As someone who dislikes JIRA but likes process, I agree with this. The way that JIRA structures projects has specific tradeoffs that disadvantage developers and advantage middle managers because it's entirely based around short-term thinking.
First, it provides multiple negotiations for every work stream: "What tickets are part of this project?" and inevitably "what tickets do we need to cut to get this project out the door faster?" The developer quality of life tickets are the easiest for non-engineers to jettison. What's worse, sometimes they're right to want to get rid of those tickets. Quite honestly, developers often don't do the math on "Will we ever get the time back we spend fixing this?"
Second, JIRA-based systems are designed to try to make everything take the minimum possible time. This is a good thing, but developers can bear the burden of it. Quick iteration is good, but it turns into a situation where the most you can undershoot a task is by hours or a few days, but if something is much harder than you expect, it could overrun by weeks. I think this is a necessarily reality of business, and that "evidence-based scheduling" a-la Joel Spolsky is an innovation that could have eased this pain by introducing "how bad are long-tail effects?" into project planning. But as-is, you're in a situation where you're either meeting expectations (since the ticket took more-or-less what people thought), or you're visibly holding a project back (because it was tightly scheduled to within an inch of its life). So the development experience becomes this weird commodity that sometimes has really visible failure modes.

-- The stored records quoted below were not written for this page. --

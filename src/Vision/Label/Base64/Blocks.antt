-- ===== src/Vision/Label/Base64/Blocks.antt =====
-- label.rs: a block of four symbols in front of a Base64 text adds three bytes.
use easycon_sdk.Common.{
  zero, suc, ℕ, ◌+◌, ◌-◌, ◌*◌, ◌/◌, ◌%◌, ◌^◌, ◌<◌, ◌≤◌, ◌≡◌, ◌∙◌, ap, refl, ltb, ◌==◌, ◌&&◌, ◌||◌,
  not, Bool, true, false, Option, none, some, List, [], ◌∷◌, length, take, if◌then◌else◌, is_some,
  arith,
}
use easycon_sdk.Vision.Label.Base64.{
  pad, base64_value, last, padding_of, contains_pad, any_unknown, refuses_last, last_bits_left,
  measured, strict_base64_decoded_length, decoded_length,
}

-- The alphabet, and the encoding of RFC 4648, by blocks of three bytes.
abbrev pub symbol : ℕ → ℕ
symbol v =
    if ltb v 26
    then v + 65
    else if ltb v 52
    then v - 26 + 97
    else if ltb v 62
    then v - 52 + 48
    else if v == 62
    then 43
    else 47

abbrev pub encoding : List ℕ → List ℕ
encoding [] = []
encoding (a ∷ []) = symbol (a / 4) ∷ symbol (a % 4 * 16) ∷ pad ∷ pad ∷ []
encoding (a ∷ b ∷ []) =
    symbol (a / 4) ∷ symbol (a % 4 * 16 + b / 16) ∷ symbol (b % 16 * 4) ∷ pad ∷ []
encoding (a ∷ b ∷ c ∷ bytes) =
    symbol (a / 4)
    ∷ symbol (a % 4 * 16 + b / 16)
    ∷ symbol (b % 16 * 4 + c / 64)
    ∷ symbol (c % 64)
    ∷ encoding bytes

pub base64_value-symbol : (v : ℕ) → v < 64 → base64_value (symbol v) ≡ some v
unfolding base64_value
base64_value-symbol v h = grind arith

pub symbol_unpadded : (v : ℕ) → (symbol v == pad) ≡ false
symbol_unpadded v = grind arith

padding_of_bound : (bytes : List ℕ) → padding_of bytes ≤ length bytes
padding_of_bound [] = omega arith
padding_of_bound (b ∷ []) = grind arith
padding_of_bound (a ∷ b ∷ []) = grind arith
padding_of_bound (a ∷ b ∷ c ∷ bytes) = omega (arith, padding_of_bound (b ∷ c ∷ bytes))

padding_of_small : (bytes : List ℕ) → padding_of bytes ≤ 2
padding_of_small [] = omega arith
padding_of_small (b ∷ []) = grind arith
padding_of_small (a ∷ b ∷ []) = grind arith
padding_of_small (a ∷ b ∷ c ∷ bytes) = padding_of_small (b ∷ c ∷ bytes)

pub symbol_inverse : (byte v : ℕ) → base64_value byte ≡ some v → symbol v ≡ byte
unfolding base64_value
symbol_inverse byte v h = grind arith

value_bound : (byte v : ℕ) → base64_value byte ≡ some v → v < 64
unfolding base64_value
value_bound byte v h = grind arith

padding_block :
    (a b c d : ℕ) (rest : List ℕ)
    → 2 ≤ length rest
    → padding_of (a ∷ b ∷ c ∷ d ∷ rest) ≡ padding_of rest
padding_block a b c d [] h = omega arith
padding_block a b c d (x ∷ []) h = omega arith
padding_block a b c d (x ∷ y ∷ rest) h = refl

abbrev content_of : List ℕ → List ℕ
content_of bytes = take (length bytes - padding_of bytes) bytes

content_block :
    (a b c d : ℕ) (rest : List ℕ)
    → 2 ≤ length rest
    → content_of (a ∷ b ∷ c ∷ d ∷ rest) ≡ a ∷ b ∷ c ∷ d ∷ content_of rest
content_block a b c d rest h =
    let same : suc (suc (suc (suc (length rest)))) - padding_of (a ∷ b ∷ c ∷ d ∷ rest)
        ≡ suc (suc (suc (suc (length rest - padding_of rest)))) =
      omega (arith, padding_block a b c d rest h, padding_of_bound rest) in
    ap (λ n. take n (a ∷ b ∷ c ∷ d ∷ rest)) same

last_block :
    (a b c d : ℕ) (rest : List ℕ) → 1 ≤ length rest → last (a ∷ b ∷ c ∷ d ∷ rest) ≡ last rest
last_block a b c d [] h = grind arith
last_block a b c d (x ∷ rest) h = refl

length-take : (n : ℕ) (bytes : List ℕ) → n ≤ length bytes → length (take n bytes) ≡ n
length-take zero bytes h = refl
length-take (suc n) [] h = omega arith
length-take (suc n) (b ∷ bytes) h = omega (arith, length-take n bytes (omega arith))

content_full : (bytes : List ℕ) → 3 ≤ length bytes → 1 ≤ length (content_of bytes)
content_full bytes h =
    let n = length bytes - padding_of bytes in
    omega (arith, length-take n bytes (omega arith), padding_of_small bytes)

-- A block in front of others counts three bytes, if its symbols are of the alphabet.
abbrev pub three_more : Bool → Option ℕ → Option ℕ
three_more true (some n) = some (n + 3)
three_more _ _ = none

abbrev pub known : ℕ → Bool
unfolding base64_value
known byte = is_some (base64_value byte)

known_unpadded : (byte : ℕ) → known byte ≡ true → (byte == pad) ≡ false
unfolding base64_value
known_unpadded byte h = grind arith

refuses_block :
    (a b c d padding : ℕ) (content : List ℕ)
    → 1 ≤ length content
    → refuses_last padding (a ∷ b ∷ c ∷ d ∷ content) ≡ refuses_last padding content
refuses_block a b c d padding content h =
    ap
      (λ x.
        if padding == 2
        then last_bits_left 16 x
        else if padding == 1
        then last_bits_left 4 x
        else false)
      (last_block a b c d content h)

measured_block :
    (len padding : ℕ)
    → len % 4 ≡ 0
    → 3 ≤ len
    → padding ≤ 2
    → len < 2 ^ 63
    → measured (suc (suc (suc (suc len)))) padding ≡ three_more true (measured len padding)
measured_block len padding whole h small short = ground arith

abbrev pub all_known : List ℕ → Bool
all_known [] = true
all_known (b ∷ bytes) = known b && all_known bytes

pub readable :
    (content : List ℕ) → (contains_pad content || any_unknown content) ≡ not (all_known content)
unfolding base64_value
readable [] = refl
readable (b ∷ content) = grind (arith, readable content, known_unpadded b)

decoded_length_block :
    (a b c d len padding : ℕ) (content : List ℕ)
    → 1 ≤ length content
    → 3 ≤ len
    → padding ≤ 2
    → len < 2 ^ 63
    → decoded_length (suc (suc (suc (suc len)))) padding (a ∷ b ∷ c ∷ d ∷ content)
      ≡ three_more (known a && known b && known c && known d) (decoded_length len padding content)
decoded_length_block a b c d len padding content some_left h small short =
    rw
      (
        readable (a ∷ b ∷ c ∷ d ∷ content),
        readable content,
        refuses_block a b c d padding content some_left,
      )
      (ground (arith, measured_block len padding))

pub decoded_block :
    (a b c d : ℕ) (rest : List ℕ)
    → 3 ≤ length rest
    → length rest < 2 ^ 63
    → strict_base64_decoded_length (a ∷ b ∷ c ∷ d ∷ rest)
      ≡ three_more (known a && known b && known c && known d) (strict_base64_decoded_length rest)
unfolding strict_base64_decoded_length
decoded_block a b c d rest h short =
    let bytes = a ∷ b ∷ c ∷ d ∷ rest in
    ap (λ p. decoded_length (length bytes) p (content_of bytes))
      (padding_block a b c d rest (omega arith))
    ∙ ap (decoded_length (length bytes) (padding_of rest))
        (content_block a b c d rest (omega arith))
    ∙ decoded_length_block a b c d (length rest) (padding_of rest) (content_of rest)
        (content_full rest h) h (padding_of_small rest) short

pub known-symbol : (v : ℕ) → v < 64 → known (symbol v) ≡ true
unfolding known
known-symbol v h = rw (base64_value-symbol v h) refl

abbrev pub value : ℕ → ℕ
unfolding base64_value
value byte = elim (base64_value byte) [ none ↦ 0 | some v ↦ v ]

pub symbol-value : (byte : ℕ) → known byte ≡ true → symbol (value byte) ≡ byte
unfolding known value
symbol-value byte h = grind (arith, symbol_inverse byte)

pub value_bounded : (byte : ℕ) → value byte < 64
unfolding base64_value
value_bounded byte = grind arith

pub bits_left_value : (m byte : ℕ) → last_bits_left m (some byte) ≡ false → value byte % m ≡ 0
unfolding last_bits_left value
bits_left_value m byte h = grind arith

And finally, since JIRA projects/epics/whatever are often prioritized by expected value, it's difficult to raise large engineering concerns. Again, this is a good thing, because time spent engineering is time not spent helping the customer. But because the focus of JIRA is so granular, it's difficult to break out of that. Imagine a company in the 80s that wrote desktop software in assembly, and some engineer is like, "This is crazy, we should invest the time to write modules in C". How do you climb out of that? In the language of agile development, you actually need a lot of foresight to break out of this local maxima, because your prototype will be demonstrably worse - "so we need to set up this compiler toolchain everywhere, and interface with our existing assembly code, which the compiler toolchain doesn't make easy, and it introduces ABI concerns, and your prototype looks worse than just going with this. I think we can safely call this a failed experiment." When the only project language you have is trees, it's difficult to talk about forest. I think this is why healthy engineering organizations that I've worked for tend to spend about 30% of their time working on more ambitious stuff. But it's something that needs to come from the top-down, because the tools won't provide it.
So to developers, the structure imposes a system where successes are minor, failures are visible, it's hard to get negotiation leverage, you lose the forest for the trees, and they need to fight tooth-and-nail for quality of life improvements (or they get a week thrown down from above, as a treat, to address any technical debt).